Exit Pressure Calculations from Numerical Extrudate Swell Results

Abstract

A Galerkin finite element method is used to solve the extrudate swell problem for both a convected Maxwell fluid, and for a fluid with a nonzero second normal stress difference. Exit pressure calculations are undertaken to investigate the validity of the theoretical formulations relating exit pressures to normal stress differences for these two fluids. For the particular fluids and range of shear stresses considered, the numerical results indicate: (1) The underlying incorrect assumption of viscometric flow to the die exit results in normal stress values which are too high.
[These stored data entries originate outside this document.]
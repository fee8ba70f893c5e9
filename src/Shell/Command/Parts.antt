-- ===== src/Shell/Command/Parts.antt =====
-- Where the three searches of `get_cmd_info` stop.
use frostbite.Base.{
  ℕ, zero, suc, ◌+◌, ◌-◌, ◌≤◌, ◌<◌, ◌≡◌, refl, ◌⊎◌, inl, inr, Bool, true, false, ◌||◌, arith, ◌==◌,
  eqb→eq, Bool-cases,
}
use frostbite.Shell.Command.{skip_spaces, find_end, find_ext}

pub skip_spaces-run :
    (k n : ℕ) (cmd : ℕ → ℕ) (i : ℕ)
    → ((j : ℕ) → j < k → cmd (i + j) ≡ b' ')
    → (cmd (i + k) == b' ') ≡ false
    → k < n
    → skip_spaces n cmd i ≡ i + k
unfolding skip_spaces
skip_spaces-run k zero cmd i gap end lt = absurd (omega arith)
skip_spaces-run zero (suc n) cmd i gap end lt =
    let e : i + 0 ≡ i = omega arith in
    let end' : (cmd i == b' ') ≡ false = rw (e) at end in rw (end', e) refl
skip_spaces-run (suc k) (suc n) cmd i gap end lt =
    let e : i + 0 ≡ i = omega arith in
    let here : cmd i ≡ b' ' = rw (e) at (gap 0 (omega arith)) in
    let shift : (j : ℕ) → i + suc j ≡ i + 1 + j = λ j. omega arith in
    rw (here, shift k)
      (skip_spaces-run k n cmd (i + 1) (λ j l. rw (shift j) at (gap (suc j) (omega arith)))
        (rw (shift k) at end) (omega arith))

-- A space or a NUL ends the command.
abbrev pub ends : ℕ → Bool
ends c = c == b' ' || c == 0

pub find_end-run :
    (k n : ℕ) (cmd : ℕ → ℕ) (i : ℕ)
    → ((j : ℕ) → j < k → ends (cmd (i + j)) ≡ false)
    → ends (cmd (i + k)) ≡ true
    → k < n
    → find_end n cmd i ≡ i + k
unfolding find_end
find_end-run k zero cmd i solid end lt = absurd (omega arith)
find_end-run zero (suc n) cmd i solid end lt =
    let e : i + 0 ≡ i = omega arith in
    let end' : ends (cmd i) ≡ true = rw (e) at end in rw (end', e) refl
find_end-run (suc k) (suc n) cmd i solid end lt =
    let e : i + 0 ≡ i = omega arith in
    let here : ends (cmd i) ≡ false = rw (e) at (solid 0 (omega arith)) in
    let shift : (j : ℕ) → i + suc j ≡ i + 1 + j = λ j. omega arith in
    rw (here, shift k)
      (find_end-run k n cmd (i + 1) (λ j l. rw (shift j) at (solid (suc j) (omega arith)))
        (rw (shift k) at end) (omega arith))

-- The search for the extension stops at the start or behind a dot, and passes no dot.
pub find_ext-last :
    (i : ℕ) (cmd : ℕ → ℕ) (start : ℕ)
    → start ≤ i
    → (let e = find_ext cmd start i in
        (start ≤ e)
        × (e ≤ i)
        × ((j : ℕ) → e ≤ j → j < i → (cmd j == b'.') ≡ false)
        × ((e ≡ start) ⊎ ((cmd (e - 1) ≡ b'.') × (start < e))))
unfolding find_ext
find_ext-last zero cmd start le =
    (omega arith, omega arith, λ j a b. absurd (omega arith), inl (omega arith))
find_ext-last (suc i) cmd start le = elim (Bool-cases (suc i == start)) [
  | inl e ↦
      let eq : suc i ≡ start = ground arith in
      rw e (omega arith, omega arith, λ j a b. absurd (omega arith), inl eq)
  | inr ne ↦ elim (Bool-cases (cmd i == b'.')) [
    | inl dot ↦
        let back : suc i - 1 ≡ i = omega arith in
        rw (ne, dot, back)
          (
            omega arith,
            omega arith,
            λ j a b. absurd (omega arith),
            inr (ground arith, ground arith),
          )
    | inr other ↦
        let (lo, hi, clear, end) = find_ext-last i cmd start (ground arith) in
        rw (ne, other) (lo, omega arith, λ j a b. clear_to i cmd j other (clear j a) b, end)
  ]
]
  where
    clear_to :
        (i : ℕ) (cmd : ℕ → ℕ) (j : ℕ)
        → (cmd i == b'.') ≡ false
        → (j < i → (cmd j == b'.') ≡ false)
        → j < suc i
        → (cmd j == b'.') ≡ false
    clear_to i cmd j other before lt = elim (Bool-cases (j == i)) [
      | inl e ↦ rw (eqb→eq j i e) other
      | inr ne ↦ before (ground arith)
    ]
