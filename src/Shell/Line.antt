-- ===== src/Shell/Line.antt =====
-- A line of text with a cursor, and what the keys mean on it: the specification of `read_cmd`.
use frostbite.Base.{
  length-append, ℕ, ◌+◌, ◌≡◌, refl, Bool, true, false, ◌||◌, List, [], ◌∷◌, ◌++◌, arith, ◌==◌,
  if◌then◌else◌, length,
}
use frostbite.Keyboard.Capture.{ascii_ctrl_c, ascii_ctrl_z}
use frostbite.Shell.{Key, ascii_delete, ascii_escape}
use mathlib.Core.List.{reverse, reverse-cons, append_assoc}

-- A key sequence of which nothing, the escape, or also the character after it was typed.
pub data Pending : Type 0 where
  idle : Pending
  escaped : Pending
  escaped_with : ℕ → Pending

-- The characters before the cursor, the nearest first, and those after it.
pub record Line : Type 0 where
  pub before : List ℕ
  pub after : List ℕ
  pub pending : Pending

unfoldable pub text : List ℕ → List ℕ → List ℕ
text before after = reverse before ++ after

abbrev pub line : List ℕ → List ℕ → Pending → Line
line b a p = record { before = b; after = a; pending = p }

abbrev pub go_right : List ℕ → List ℕ → Line
go_right b [] = line b [] idle
go_right b (c ∷ a) = line (c ∷ b) a idle

abbrev pub go_left : List ℕ → List ℕ → Line
go_left [] a = line [] a idle
go_left (c ∷ b) a = line b (c ∷ a) idle

abbrev pub go : ℕ → List ℕ → List ℕ → Line
go ch b a = if ch == b'C' then go_right b a else if ch == b'D' then go_left b a else line b a idle

abbrev pub backspace : List ℕ → List ℕ → Line
backspace [] a = line [] a idle
backspace (c ∷ b) a = line b a idle

abbrev pub escape : Pending → Pending
escape idle = escaped
escape escaped = escaped
escape (escaped_with c) = escaped_with c

abbrev pub type_on : ℕ → List ℕ → List ℕ → Pending → Line
type_on ch b a idle = line (ch ∷ b) a idle
type_on ch b a escaped = line b a (escaped_with ch)
type_on ch b a (escaped_with c) = if c == b'[' then go ch b a else line b a idle

unfoldable pub type_key : ℕ → Line → Line
type_key ch l =
    if ch == ascii_delete
    then backspace l.before l.after
    else if ch == ascii_escape
    then line l.before l.after (escape l.pending)
    else if ch == ascii_ctrl_c || ch == ascii_ctrl_z
    then l
    else type_on ch l.before l.after l.pending

-- An interrupt empties the line.
abbrev pub interrupt : Bool → Line → Line
interrupt true l = line [] [] l.pending
interrupt false l = l

unfoldable pub type_keys : List Key → Line → Bool × Line
type_keys [] l = (false, l)
type_keys (k ∷ ks) l =
    let rest = type_keys ks (type_key k.ch (interrupt k.interrupted l)) in
    if k.ch == 13 then (true, interrupt k.interrupted l) else rest

pub text-cons : (c : ℕ) (b a : List ℕ) → text (c ∷ b) a ≡ text b (c ∷ a)
unfolding text
text-cons c b a = simp (reverse-cons, append_assoc)

pub length-reverse : (b : List ℕ) → length (reverse b) ≡ length b
length-reverse [] = refl
length-reverse (c ∷ b) =
    rw (reverse-cons c b) (omega (arith, length-append (reverse b) (c ∷ []), length-reverse b))

pub length-text : (b a : List ℕ) → length (text b a) ≡ length b + length a
unfolding text
length-text b a = omega (arith, length-append (reverse b) a, length-reverse b)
However, this effect is not significant enough to invalidate exit pressure measurements as a means of estimating normal stresses. (2) The exit pressure theory is sometimes applied using the assumption Pc*=0.5 p(0,L)c (or Pc*=Ps*) since Han and co‐workers find experimentally that Pc*=Ps*. We find for the convected Maxwell model (N2/N1=0.0) that Pc*=p(0,L)c whereas for a model with N2/N1=−0.2, Pc*=0.84 p(0,L)c. Our calculations suggest, at least, that the equivalence (or not) of Pc* and Ps* depends on N2/N1. (3) For the convected Maxwell fluid: Pc*/τw=0.35(N1/τw)+0.55 for a capillary die, Ps*/τw=0.28(N1/τw)+0.30 for a slit die. The latter is in agreement with the slit die results of Reddy and Tanner.